Tends to underline the old quote that you can tell what God thinks of money by looking at those who have it.
And I understand that the underaged “icons” are more than welcome in night time establishments because they bring in the crowds. They get around the ‘illegal serving of a minor’, by turning a blind eye when said underaged star’s of age hired hand orders the drinks and then hands them over.
Love this post.
I ran into John Lewis at Costco today and a part of me wanted to 1) go up to him and say “Thank You” for devoting his life to good things or 2) check out what was in his cart. (Lots of bottled water.)
Anyway, I let him shop in peace. But he is also as famous as a buttonhole.

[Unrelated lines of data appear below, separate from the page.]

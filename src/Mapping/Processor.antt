-- ===== src/Mapping/Processor.antt =====
-- src/layout/data_type_processor.cc, with the FileView of src/common/file_view.cc. `none`: a loop ran out of
-- fuel.
pub mod Extent
use hecios.RegionSet.{FileRegion, insert}
use hecios.DataType.{DataType, get_extent, representation_length, get_regions_by_bytes}
use hecios.Layout.Distribution.{
  FileDistribution, logical_to_physical_offset, next_mapped_logical_offset, contiguous_length,
}
use hecios.Mapping.FileLayout.{add_region, get_length}
use hecios.Prelude.{
  ◌>>=◌, ℕ, zero, suc, ◌+◌, min, Bool, true, false, List, [], ◌∷◌, map, Option, none, some,
  if◌then◌else◌, ltb, add_u64, sub_u64, mul_u64,
}

-- FileView, and its getRepresentationByteLength.
pub record FileView : Type 0 where
  pub displacement : ℕ
  pub data_type : DataType

unfoldable pub view_length : FileView → ℕ
view_length view = add_u64 8 (representation_length view.data_type)

unfoldable pub shift : ℕ → FileRegion → FileRegion
shift displacement r = record r { offset = add_u64 r.offset displacement }

-- locateFileRegions.
unfoldable pub locate_file_regions : ℕ → ℕ → ℕ → FileView → Option (List FileRegion)
locate_file_regions fuel offset data_size view = do
  regions ← get_regions_by_bytes view.data_type fuel offset data_size
  some (map (shift view.displacement) regions)

-- locateFileRegionSet.
unfoldable pub insert_each : List FileRegion → List FileRegion → List FileRegion
insert_each set [] = set
insert_each set (x ∷ xs) = insert_each (insert x set) xs

unfoldable pub locate_file_region_set : ℕ → ℕ → ℕ → FileView → Option (List FileRegion)
locate_file_region_set fuel offset data_size view = do
  regions ← get_regions_by_bytes view.data_type fuel offset data_size
  some (insert_each [] (map (shift view.displacement) regions))

-- The body of the loop of distributeContiguousRegion: the regions with the one at a logical offset.
unfoldable pub add_piece : FileDistribution → ℕ → ℕ → Bool → ℕ → List FileRegion → List FileRegion
add_piece dist extent bstream_size data_extend logical layout =
    let physical = logical_to_physical_offset dist logical in
    let requested = min (contiguous_length dist physical) extent in
    let final_size = min (add_u64 physical requested) bstream_size in
    if data_extend
    then add_region layout physical requested
    else if ltb physical bstream_size
    then add_region layout physical (sub_u64 final_size physical)
    else layout

-- Where the loop goes from a logical offset.
unfoldable pub next_piece : FileDistribution → ℕ → ℕ
next_piece dist logical =
    next_mapped_logical_offset dist
      (add_u64 logical (contiguous_length dist (logical_to_physical_offset dist logical)))

unfoldable pub distribute_loop :
    FileDistribution → ℕ → ℕ → ℕ → Bool → ℕ → ℕ → List FileRegion → Option (List FileRegion)
distribute_loop dist offset extent bstream_size data_extend zero logical layout = none
distribute_loop dist offset extent bstream_size data_extend (suc fuel) logical layout =
    let more =
      distribute_loop dist offset extent bstream_size data_extend fuel (next_piece dist logical)
        (add_piece dist extent bstream_size data_extend logical layout) in
    if ltb logical (add_u64 offset extent) then more else some layout

-- distributeContiguousRegion.
unfoldable pub distribute_contiguous_region :
    FileDistribution → ℕ → ℕ → ℕ → Bool → ℕ → List FileRegion → Option (List FileRegion)
distribute_contiguous_region dist offset extent bstream_size data_extend fuel layout =
    distribute_loop dist offset extent bstream_size data_extend fuel
      (next_mapped_logical_offset dist offset) layout

unfoldable pub distribute_each :
    FileDistribution
    → ℕ
    → ℕ
    → Bool
    → ℕ
    → List FileRegion
    → List FileRegion
    → Option (List FileRegion)
distribute_each dist displacement bstream_size data_extend fuel [] layout = some layout
distribute_each dist displacement bstream_size data_extend fuel (x ∷ xs) layout = do
  layout' ←
      distribute_contiguous_region dist (add_u64 displacement x.offset) x.extent bstream_size
        data_extend fuel layout
  distribute_each dist displacement bstream_size data_extend fuel xs layout'

-- processServerRequest: the length of the layout, and the layout.
unfoldable pub process_server_request :
    ℕ
    → ℕ
    → ℕ
    → FileView
    → FileDistribution
    → ℕ
    → Bool
    → List FileRegion
    → Option (ℕ × List FileRegion)
process_server_request fuel offset data_size view dist bstream_size data_extend layout = do
  regions ← get_regions_by_bytes view.data_type fuel offset data_size
  layout' ← distribute_each dist view.displacement bstream_size data_extend fuel regions layout
  some (get_length layout', layout')

-- processClientRequest: the assigned bytes, and outAggregateSize.
unfoldable pub process_client_request :
    ℕ → ℕ → DataType → ℕ → FileView → FileDistribution → ℕ → Bool → Option (ℕ × ℕ)
process_client_request fuel offset data_type count view dist bstream_size data_extend = do
  result ←
      process_server_request fuel offset (mul_u64 (get_extent data_type) count) view dist
        bstream_size data_extend []
  some (result.0, mul_u64 (get_extent data_type) count)

unfoldable pub create_client_file_layout_for_read :
    ℕ → ℕ → DataType → ℕ → FileView → FileDistribution → ℕ → Option (ℕ × ℕ)
create_client_file_layout_for_read fuel offset data_type count view dist bstream_size =
    process_client_request fuel offset data_type count view dist bstream_size false

unfoldable pub create_client_file_layout_for_write :
    ℕ → ℕ → DataType → ℕ → FileView → FileDistribution → Option (ℕ × ℕ)
create_client_file_layout_for_write fuel offset data_type count view dist =
    process_client_request fuel offset data_type count view dist 0 true

unfoldable pub create_server_file_layout_for_read :
    ℕ → ℕ → ℕ → FileView → FileDistribution → ℕ → List FileRegion → Option (ℕ × List FileRegion)
create_server_file_layout_for_read fuel offset data_size view dist bstream_size layout =
    process_server_request fuel offset data_size view dist bstream_size false layout

unfoldable pub create_server_file_layout_for_write :
    ℕ → ℕ → ℕ → FileView → FileDistribution → List FileRegion → Option (ℕ × List FileRegion)
create_server_file_layout_for_write fuel offset data_size view dist layout =
    process_server_request fuel offset data_size view dist 0 true layout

We’ve been on holiday for two weeks, and while we were gone I purposely checked out of most media – no CNN, daily paper, etc. Now we’re home, and though I’m anxious to catch up with what’s happening in Iraq, Washington, etc., I find I haven’t missed the latest gossip at all. Sadly, much of what passes for news right now is gossip, and none of it helps. Luther once said that the commandment against false witness wasn’t only about lying; he said “we should fear and love God, so that we do not lie about, slander or deceive our neighbor, but defend him, speak well of him, and interpret everything he says in the best possible way” (sic). I’d like to see more of this in our media.
By the way, I’m KICKING myself this morning – we were in Boston and I never emailed you to see if we could meet! Grrrr.